— MATERIAL PROVIDED —
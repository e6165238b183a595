-- ===== src/TokenTests.antt =====
-- Concrete runs of the attach tokens, and the theorems about them at inputs that meet their
-- hypotheses.
use ferngeist_acp_gateway.Prelude.{
  ℕ, ◌≤◌, ◌≡◌, refl, some, List, [], ◌∷◌, String, by_text, arith, ok, err,
}
use ferngeist_acp_gateway.Map
use ferngeist_acp_gateway.Session.Token.{
  AttachClaim, TokenService, new_token_service, sweep_locked, maybe_sweep_locked, soonest,
  evict_oldest_locked, make_room, mint, redeem, validate, clear_all, attach_token_invalid,
}
use ferngeist_acp_gateway.Session.Token.SingleUse.{mint-validate}
use ferngeist_acp_gateway.Session.Token.Bounds.{IsBounded}
use ferngeist_acp_gateway.Session.Token.Histories.{
  Call, mints, validates, step, run, minted, accepted, accepted-le-minted, run-IsBounded,
}
use ferngeist_acp_gateway.Session.Token.Eviction.{evict_oldest_locked_lem}

-- Opens every operation, for the runs below.
token_runs : Unit {0}
unfolding sweep_locked maybe_sweep_locked soonest evict_oldest_locked make_room mint redeem validate
    clear_all new_token_service Map.empty Map.lookup Map.insert Map.delete Map.retain Map.size step
    run minted accepted
token_runs = tt

abbrev tokens_used : List Call
tokens_used =
    mints (some "a") "s1" "d1" 100 1000
    ∷ validates "a" 1050 1051
    ∷ validates "a" 1052 1053
    ∷ mints (some "b") "s1" "d1" 100 1100
    ∷ validates "b" 1300 1301
    ∷ []

a_accepted_once : accepted "a" new_token_service tokens_used ≡ 1
unfolding token_runs
a_accepted_once = refl

b_expired : accepted "b" new_token_service tokens_used ≡ 0
unfolding token_runs
b_expired = refl

accepted-le-minted_example : accepted "a" new_token_service tokens_used ≤ minted "a" tokens_used
accepted-le-minted_example = accepted-le-minted "a" tokens_used

run-IsBounded_example : IsBounded (run new_token_service tokens_used)
run-IsBounded_example = run-IsBounded tokens_used

abbrev held_service : TokenService
held_service = (mint (some "a") "s1" "d1" 100 1000 new_token_service).0

mint-validate_example :
    ((validate "a" 1050 1051 held_service).1 ≡ ok ("s1", "d1"))
    × ((now later : ℕ)
        → (validate "a" now later (validate "a" 1050 1051 held_service).0).1
          ≡ err attach_token_invalid)
mint-validate_example =
    mint-validate "a" "s1" "d1" 100 1000 1050 1051 new_token_service (omega arith) (omega arith)

held_b : TokenService
unfolding token_runs
held_b = (mint (some "b") "s1" "d1" 500 1001 held_service).0

-- The eviction at a service that holds two claims.
evict_oldest_locked_lem_example :
    (oldest : String) × (claim : AttachClaim) × (Map.lookup oldest held_b.attach_tokens
      ≡ some claim)
    × (evict_oldest_locked held_b
        ≡ record held_b { attach_tokens = Map.delete oldest held_b.attach_tokens })
    × ((token : String) (other : AttachClaim)
        → Map.lookup token held_b.attach_tokens ≡ some other
        → claim.expires_at ≤ other.expires_at)
unfolding token_runs held_b
evict_oldest_locked_lem_example = evict_oldest_locked_lem held_b (omega arith)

— EXERCISE PROMPT —
Would you output every line of the listing exactly as given?

— EXERCISE OUTPUT —
repository e6165238b183a595
-- ===== src/TokenTests.antt =====
-- Concrete runs of the attach tokens, and the theorems about them at inputs that meet their
-- hypotheses.
use ferngeist_acp_gateway.Prelude.{
  ℕ, ◌≤◌, ◌≡◌, refl, some, List, [], ◌∷◌, String, by_text, arith, ok, err,
}
use ferngeist_acp_gateway.Map
use ferngeist_acp_gateway.Session.Token.{
  AttachClaim, TokenService, new_token_service, sweep_locked, maybe_sweep_locked, soonest,
  evict_oldest_locked, make_room, mint, redeem, validate, clear_all, attach_token_invalid,
}
use ferngeist_acp_gateway.Session.Token.SingleUse.{mint-validate}
use ferngeist_acp_gateway.Session.Token.Bounds.{IsBounded}
use ferngeist_acp_gateway.Session.Token.Histories.{
  Call, mints, validates, step, run, minted, accepted, accepted-le-minted, run-IsBounded,
}
use ferngeist_acp_gateway.Session.Token.Eviction.{evict_oldest_locked_lem}

-- Opens every operation, for the runs below.
token_runs : Unit {0}
unfolding sweep_locked maybe_sweep_locked soonest evict_oldest_locked make_room mint redeem validate
    clear_all new_token_service Map.empty Map.lookup Map.insert Map.delete Map.retain Map.size step
    run minted accepted
token_runs = tt

abbrev tokens_used : List Call
tokens_used =
    mints (some "a") "s1" "d1" 100 1000
    ∷ validates "a" 1050 1051
    ∷ validates "a" 1052 1053
    ∷ mints (some "b") "s1" "d1" 100 1100
    ∷ validates "b" 1300 1301
    ∷ []

a_accepted_once : accepted "a" new_token_service tokens_used ≡ 1
unfolding token_runs
a_accepted_once = refl

b_expired : accepted "b" new_token_service tokens_used ≡ 0
unfolding token_runs
b_expired = refl

accepted-le-minted_example : accepted "a" new_token_service tokens_used ≤ minted "a" tokens_used
accepted-le-minted_example = accepted-le-minted "a" tokens_used

run-IsBounded_example : IsBounded (run new_token_service tokens_used)
run-IsBounded_example = run-IsBounded tokens_used

abbrev held_service : TokenService
held_service = (mint (some "a") "s1" "d1" 100 1000 new_token_service).0

mint-validate_example :
    ((validate "a" 1050 1051 held_service).1 ≡ ok ("s1", "d1"))
    × ((now later : ℕ)
        → (validate "a" now later (validate "a" 1050 1051 held_service).0).1
          ≡ err attach_token_invalid)
mint-validate_example =
    mint-validate "a" "s1" "d1" 100 1000 1050 1051 new_token_service (omega arith) (omega arith)

held_b : TokenService
unfolding token_runs
held_b = (mint (some "b") "s1" "d1" 500 1001 held_service).0

-- The eviction at a service that holds two claims.
evict_oldest_locked_lem_example :
    (oldest : String) × (claim : AttachClaim) × (Map.lookup oldest held_b.attach_tokens
      ≡ some claim)
    × (evict_oldest_locked held_b
        ≡ record held_b { attach_tokens = Map.delete oldest held_b.attach_tokens })
    × ((token : String) (other : AttachClaim)
        → Map.lookup token held_b.attach_tokens ≡ some other
        → claim.expires_at ≤ other.expires_at)
unfolding token_runs held_b
evict_oldest_locked_lem_example = evict_oldest_locked_lem held_b (omega arith)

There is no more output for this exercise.